The Arbor (Clio Barnard, 2010)

In The Arbor, the “double temporality” is very moving indeed as the political and the affective work in conjunction. Director Clio Barnard originally wished to make a documentary about the playwright Andrea Dunbar, a young woman brought up on a housing estate in Bradford who became a successful playwright at a very young age with the plays The Arbor and Rita, Sue and Bob Too. Dunbar died, a victim of abuse and alcohol, of a brain haemorrhage at 29. Wishing to make a film about her daughter Lorraine, a heroin addict imprisoned after her two-year old son died from swallowing her mother’s methadone, Bernard found a straightforward documentary impossible. Lorraine agreed to be interviewed but refused to be in the film. Barnard needed to think again, and came up with a factual account in fictional form: actors lip-synching to the words Lorraine and others were willing to speak. But the film also uses archival footage of Andrea’s life, including a moment when Andrea is seen boarding the train with her one year-old daughter at the beginning of the film and we see them sitting together on it at the end. There we have, in archival form, a mother alive and her baby daughter in her arms, while now we have, in the semi-fictionalised film about Andrea’s life, Andrea dead and Lorraine’s baby son gone as well. “The apparent closeness between the two [Andrea and Lorraine] is rendered almost unbearably poignant in light of both their future lives” (p. 161) The archival footage in The Arbor shows two working class lives laid to waste. If Marazzi can see that making her film indicates a feminist discourse coming out of bourgeois home movies, then this footage, filmed at the time to indicate Dunbar’s success, and the ability of the poor to rise above their circumstances, may now be viewed as showing just how difficult that can sometimes be: here it is footage hijacked for different ends and thus given new meaning.

At the time same time it is also an example of Nachtraglichkeit, of afterwardness, with Mulvey’s book more generally finding in the past image a present that is awaiting it.
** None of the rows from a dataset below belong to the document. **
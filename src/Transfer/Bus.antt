-- ===== src/Transfer/Bus.antt =====
-- The record `Usb` of the protocol code, made of the loops of usb_io.c.
use libtopfield.Base.{
  Option, ℕ, ◌+◌, ◌<◌, ◌≡◌, ap, ◌∙◌, arith, List, [], ◌++◌, some, none, length, take,
}
use libtopfield.Base.Int.{ℤ, pos}
use libtopfield.Handle.{Usb}
use libtopfield.Transfer.Write.{Accepts, usb_bulk_write-Delivers}
use libtopfield.Fw.Send.{Reports}
use libtopfield.Transfer.{Kernel, usb_bulk_write, usb_bulk_read}
use libtopfield.Transfer.Pieces.{Takes, Arrives, write_rounds-Takes, read_rounds-Arrives}

-- The transfers that tf_io.c and tf_fwio.c call; both loops end, so `none` does not occur.
abbrev written : {W : Type 0} → W → Option (ℕ × W) → ℤ × W
written w none = (pos 0, w)
written w (some (n, after)) = (pos n, after)

abbrev read : {W : Type 0} → W → Option (ℕ × List ℕ × W) → ℤ × List ℕ × W
read w none = (pos 0, [], w)
read w (some (n, got, after)) = (pos n, got, after)

unfoldable pub usb_io : {W : Type 0} → Kernel W → ℕ → Usb W
usb_io kernel max = record {
  bulk_write =
      λ w ep bytes len timeout. written w (usb_bulk_write kernel max w ep bytes len timeout);
  bulk_read = λ w ep size timeout. read w (usb_bulk_read kernel max w ep size timeout);
  sleep = kernel.sleep;
}

module _ {W : Type 0} (kernel : Kernel W) (max timeout : ℕ) where
  -- The transfers of `usb_io` as the commands see them.
  pub bulk_write-Takes :
      (len : ℕ) (bytes : List ℕ) (w after : W)
      → Takes kernel max timeout len bytes w after
      → 0 < len
      → (usb_io kernel max).bulk_write w 0x01 bytes len timeout ≡ (pos len, after)
  unfolding usb_io usb_bulk_write
  bulk_write-Takes len bytes w after takes some_bytes = ap (written w) (
      write_rounds-Takes kernel max timeout (len + 1) len 0 len bytes w after takes (omega arith)
        some_bytes (omega arith))

  pub bulk_read-Arrives :
      (size : ℕ) (bytes : List ℕ) (w after : W)
      → Arrives kernel max timeout size bytes w after
      → 0 < size
      → (usb_io kernel max).bulk_read w 0x82 size timeout ≡ (pos (length bytes), bytes, after)
  unfolding usb_io usb_bulk_read
  bulk_read-Arrives size bytes w after arrives some_bytes = ap (read w) (
      read_rounds-Arrives kernel max timeout (size + 1) size 0 size [] bytes w after arrives
        (omega arith) some_bytes (omega arith)
      ∙ ap (λ n. some (n, bytes, after)) (omega arith))

-- What the bootloader's code relies on: a transfer that reports all its bytes has sent them.
pub usb_io-Reports :
    {W : Type 0} (kernel : Kernel W) (max : ℕ) (log : W → List ℕ)
    → Accepts kernel log
    → Reports (usb_io kernel max) log
unfolding usb_io
usb_io-Reports kernel max log k w ep bytes len timeout complete =
    let d = usb_bulk_write-Delivers kernel max log k w ep bytes len timeout in
    let outcome : (usb_io kernel max).bulk_write w ep bytes len timeout ≡ (pos d.sent, d.after) =
      ap (written w) d.returns in
    let sent : d.sent ≡ len = ground (arith, outcome, complete) in
    let world = ap (λ r. log r.1) outcome in
    world ∙ d.delivered ∙ ap (λ n. log w ++ take n bytes) sent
As she quotes Jean Laplanche: “the past has already something deposited within it that demands to be deciphered.” (p. 165) Mulvey’s book is in many ways a continuation of Death 24x a Second, both works constantly vacillating between the theoretical and the affective, the sense of meaning and the sense of loss, trying to find a conceptual means by which to articulate the latter with the tools of the former. “Visual Pleasure and Narrative Cinema” will not go away any time soon, but there is a significance to her more contemporary work that deserves an afterlife too.

Laura Mulvey, Afterimages (London: Reaktion Books, 2019)

Endnotes:

  1. Colin McCabe, “Le Mépris”, Sight and Sound 6:9 (September 1996): 55-56.
  2. Susan Sontag, Styles of Radical Will (New York: Delta, 1970), p. 150.
  3. In this sense we might see Grier in Jackie Brown as consistent with the Godardian as Tarantino nods to Leone are not; that there is no necessary afterlife to Django Unchained’s references to Leone westerns but immense afterlife in Grier’s seventies films awaiting Jackie Brown.
  4. Nicolas Bourriad, The Exform (London: Verso, 2016), p. 94.
  5. Murray Pomerance, The Eyes Have It: Cinema and the Reality Effect (New Brunswick: Rutgers University Press, 2013), p. 102.